> **What is expected**
Of the lines below, copy those that hold the word "some".

= Beginning of Section =

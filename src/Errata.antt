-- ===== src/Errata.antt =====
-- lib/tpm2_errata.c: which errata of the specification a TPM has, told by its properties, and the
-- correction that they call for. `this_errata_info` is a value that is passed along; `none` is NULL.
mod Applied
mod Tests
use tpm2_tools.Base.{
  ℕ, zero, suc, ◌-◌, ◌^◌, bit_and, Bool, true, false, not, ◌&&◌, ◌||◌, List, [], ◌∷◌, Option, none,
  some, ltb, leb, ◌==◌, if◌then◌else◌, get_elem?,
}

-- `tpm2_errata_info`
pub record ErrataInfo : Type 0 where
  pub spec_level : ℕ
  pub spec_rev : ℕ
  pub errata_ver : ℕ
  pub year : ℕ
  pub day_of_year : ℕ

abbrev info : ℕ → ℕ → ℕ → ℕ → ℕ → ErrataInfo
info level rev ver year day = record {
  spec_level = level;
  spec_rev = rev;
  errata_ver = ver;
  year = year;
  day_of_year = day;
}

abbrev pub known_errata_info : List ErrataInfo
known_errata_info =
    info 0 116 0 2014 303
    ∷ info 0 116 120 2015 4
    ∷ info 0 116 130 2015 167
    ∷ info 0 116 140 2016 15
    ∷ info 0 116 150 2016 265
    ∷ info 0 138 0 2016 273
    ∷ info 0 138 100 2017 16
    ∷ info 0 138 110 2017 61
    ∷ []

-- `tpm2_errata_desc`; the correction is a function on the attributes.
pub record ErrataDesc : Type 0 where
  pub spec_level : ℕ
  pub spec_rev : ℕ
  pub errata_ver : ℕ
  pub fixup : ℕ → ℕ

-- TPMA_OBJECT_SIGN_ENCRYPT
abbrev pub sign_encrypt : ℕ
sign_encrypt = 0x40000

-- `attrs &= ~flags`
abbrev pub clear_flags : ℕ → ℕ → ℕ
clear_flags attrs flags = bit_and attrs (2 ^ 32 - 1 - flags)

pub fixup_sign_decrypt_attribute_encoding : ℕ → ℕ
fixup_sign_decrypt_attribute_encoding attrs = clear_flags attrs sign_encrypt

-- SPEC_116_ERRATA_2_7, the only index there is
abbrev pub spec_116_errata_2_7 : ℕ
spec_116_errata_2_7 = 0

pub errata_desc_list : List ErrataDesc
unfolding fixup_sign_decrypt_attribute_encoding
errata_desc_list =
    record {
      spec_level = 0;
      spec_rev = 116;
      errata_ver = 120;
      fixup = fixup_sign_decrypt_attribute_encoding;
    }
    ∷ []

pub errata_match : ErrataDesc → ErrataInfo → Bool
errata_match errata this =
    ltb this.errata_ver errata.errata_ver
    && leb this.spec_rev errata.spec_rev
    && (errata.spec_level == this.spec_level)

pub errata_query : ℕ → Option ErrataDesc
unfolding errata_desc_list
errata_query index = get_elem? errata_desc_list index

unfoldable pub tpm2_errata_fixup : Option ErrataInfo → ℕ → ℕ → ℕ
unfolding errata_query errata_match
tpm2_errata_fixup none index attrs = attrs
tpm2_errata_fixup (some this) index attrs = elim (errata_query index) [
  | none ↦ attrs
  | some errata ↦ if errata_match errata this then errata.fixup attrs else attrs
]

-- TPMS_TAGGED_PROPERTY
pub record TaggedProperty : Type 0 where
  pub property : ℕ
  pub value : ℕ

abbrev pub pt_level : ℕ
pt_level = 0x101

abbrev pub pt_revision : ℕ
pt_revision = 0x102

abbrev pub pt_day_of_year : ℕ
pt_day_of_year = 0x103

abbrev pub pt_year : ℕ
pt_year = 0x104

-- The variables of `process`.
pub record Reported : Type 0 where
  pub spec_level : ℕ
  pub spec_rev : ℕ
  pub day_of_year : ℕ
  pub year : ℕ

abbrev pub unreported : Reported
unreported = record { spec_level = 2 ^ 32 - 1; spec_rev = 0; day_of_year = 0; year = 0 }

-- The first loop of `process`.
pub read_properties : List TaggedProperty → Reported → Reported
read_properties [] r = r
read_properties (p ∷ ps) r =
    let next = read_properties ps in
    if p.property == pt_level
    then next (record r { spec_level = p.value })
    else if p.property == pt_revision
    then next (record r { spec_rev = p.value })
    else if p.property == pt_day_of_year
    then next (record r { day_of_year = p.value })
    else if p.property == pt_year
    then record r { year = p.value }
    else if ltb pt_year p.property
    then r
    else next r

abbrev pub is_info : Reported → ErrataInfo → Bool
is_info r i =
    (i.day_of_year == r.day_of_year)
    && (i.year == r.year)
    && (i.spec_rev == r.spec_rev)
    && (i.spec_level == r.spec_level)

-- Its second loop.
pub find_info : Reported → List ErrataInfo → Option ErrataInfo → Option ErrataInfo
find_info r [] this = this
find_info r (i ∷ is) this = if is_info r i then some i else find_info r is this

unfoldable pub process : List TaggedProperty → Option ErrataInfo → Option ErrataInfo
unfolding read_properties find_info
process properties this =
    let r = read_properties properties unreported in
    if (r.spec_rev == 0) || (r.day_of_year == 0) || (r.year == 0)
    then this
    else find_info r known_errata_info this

= End of Section =
= Beginning of Section =

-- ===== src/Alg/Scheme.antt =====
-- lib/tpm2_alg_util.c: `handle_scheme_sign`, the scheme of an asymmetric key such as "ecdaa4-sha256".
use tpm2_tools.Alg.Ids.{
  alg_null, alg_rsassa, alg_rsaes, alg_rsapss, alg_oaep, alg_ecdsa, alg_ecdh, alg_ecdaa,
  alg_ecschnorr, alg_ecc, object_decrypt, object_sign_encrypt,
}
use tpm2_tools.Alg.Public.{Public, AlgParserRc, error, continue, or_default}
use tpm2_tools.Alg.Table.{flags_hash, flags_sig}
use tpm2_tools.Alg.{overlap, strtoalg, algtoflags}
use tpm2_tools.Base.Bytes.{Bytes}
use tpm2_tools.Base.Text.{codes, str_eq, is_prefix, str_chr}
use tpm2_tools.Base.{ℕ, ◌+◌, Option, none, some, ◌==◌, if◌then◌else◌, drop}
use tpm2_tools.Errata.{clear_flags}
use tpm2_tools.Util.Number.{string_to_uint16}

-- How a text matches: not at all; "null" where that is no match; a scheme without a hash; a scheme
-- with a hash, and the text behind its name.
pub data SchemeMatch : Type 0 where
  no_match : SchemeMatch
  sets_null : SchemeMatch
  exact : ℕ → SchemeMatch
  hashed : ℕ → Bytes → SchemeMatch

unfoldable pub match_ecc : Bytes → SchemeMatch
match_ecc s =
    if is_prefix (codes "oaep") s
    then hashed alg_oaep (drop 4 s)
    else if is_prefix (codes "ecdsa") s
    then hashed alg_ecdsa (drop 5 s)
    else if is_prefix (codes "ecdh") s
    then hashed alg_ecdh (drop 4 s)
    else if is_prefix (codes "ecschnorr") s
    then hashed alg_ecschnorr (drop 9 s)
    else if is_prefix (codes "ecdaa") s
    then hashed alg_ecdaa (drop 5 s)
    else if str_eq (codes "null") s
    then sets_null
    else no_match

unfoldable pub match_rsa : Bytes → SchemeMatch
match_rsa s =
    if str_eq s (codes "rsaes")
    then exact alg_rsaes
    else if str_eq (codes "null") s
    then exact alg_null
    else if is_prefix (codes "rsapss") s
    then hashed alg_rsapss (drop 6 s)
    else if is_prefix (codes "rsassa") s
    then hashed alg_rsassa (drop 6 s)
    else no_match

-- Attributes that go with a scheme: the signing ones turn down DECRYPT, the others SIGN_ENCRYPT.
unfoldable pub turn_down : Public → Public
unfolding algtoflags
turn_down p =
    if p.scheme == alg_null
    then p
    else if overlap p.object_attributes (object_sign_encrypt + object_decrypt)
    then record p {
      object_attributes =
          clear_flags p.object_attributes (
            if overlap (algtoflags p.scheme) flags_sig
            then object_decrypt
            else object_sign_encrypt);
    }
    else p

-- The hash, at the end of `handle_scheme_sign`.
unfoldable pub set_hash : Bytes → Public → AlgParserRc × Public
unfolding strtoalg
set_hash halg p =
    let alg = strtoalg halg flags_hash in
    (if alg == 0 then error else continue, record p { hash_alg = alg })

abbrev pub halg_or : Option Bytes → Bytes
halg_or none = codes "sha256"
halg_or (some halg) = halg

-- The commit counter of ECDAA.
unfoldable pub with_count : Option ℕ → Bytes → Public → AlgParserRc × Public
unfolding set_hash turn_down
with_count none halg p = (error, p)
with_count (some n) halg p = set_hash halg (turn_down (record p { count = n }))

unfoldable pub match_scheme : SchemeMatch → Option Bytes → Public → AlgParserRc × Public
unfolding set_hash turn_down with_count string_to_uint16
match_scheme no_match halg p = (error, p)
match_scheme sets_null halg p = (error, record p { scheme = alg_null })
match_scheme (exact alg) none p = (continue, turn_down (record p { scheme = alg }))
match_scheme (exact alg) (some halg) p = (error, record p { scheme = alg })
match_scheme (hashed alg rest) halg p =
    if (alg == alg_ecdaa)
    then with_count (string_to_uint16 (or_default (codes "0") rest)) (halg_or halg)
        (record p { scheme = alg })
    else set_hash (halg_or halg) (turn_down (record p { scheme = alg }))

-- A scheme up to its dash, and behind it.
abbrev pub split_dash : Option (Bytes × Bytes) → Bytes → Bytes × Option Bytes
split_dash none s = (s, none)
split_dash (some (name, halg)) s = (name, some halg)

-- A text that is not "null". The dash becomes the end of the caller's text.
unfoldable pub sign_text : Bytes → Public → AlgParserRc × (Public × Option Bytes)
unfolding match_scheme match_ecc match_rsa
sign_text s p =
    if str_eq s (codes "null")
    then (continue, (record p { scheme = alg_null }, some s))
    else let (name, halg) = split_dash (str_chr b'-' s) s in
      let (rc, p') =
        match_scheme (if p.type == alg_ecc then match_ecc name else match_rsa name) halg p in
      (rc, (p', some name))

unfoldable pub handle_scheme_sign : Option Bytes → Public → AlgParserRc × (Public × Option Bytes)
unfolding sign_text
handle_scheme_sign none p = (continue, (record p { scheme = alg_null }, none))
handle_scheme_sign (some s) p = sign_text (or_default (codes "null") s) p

= End of Section =

> **Answer for the task**
  some, ltb, leb, ◌==◌, if◌then◌else◌, get_elem?,
tpm2_errata_fixup (some this) index attrs = elim (errata_query index) [
  | some errata ↦ if errata_match errata this then errata.fixup attrs else attrs
find_info r (i ∷ is) this = if is_info r i then some i else find_info r is this
use tpm2_tools.Base.{ℕ, ◌+◌, Option, none, some, ◌==◌, if◌then◌else◌, drop}
halg_or (some halg) = halg
with_count (some n) halg p = set_hash halg (turn_down (record p { count = n }))
match_scheme (exact alg) (some halg) p = (error, record p { scheme = alg })
split_dash (some (name, halg)) s = (name, some halg)
    then (continue, (record p { scheme = alg_null }, some s))
      (rc, (p', some name))
handle_scheme_sign (some s) p = sign_text (or_default (codes "null") s) p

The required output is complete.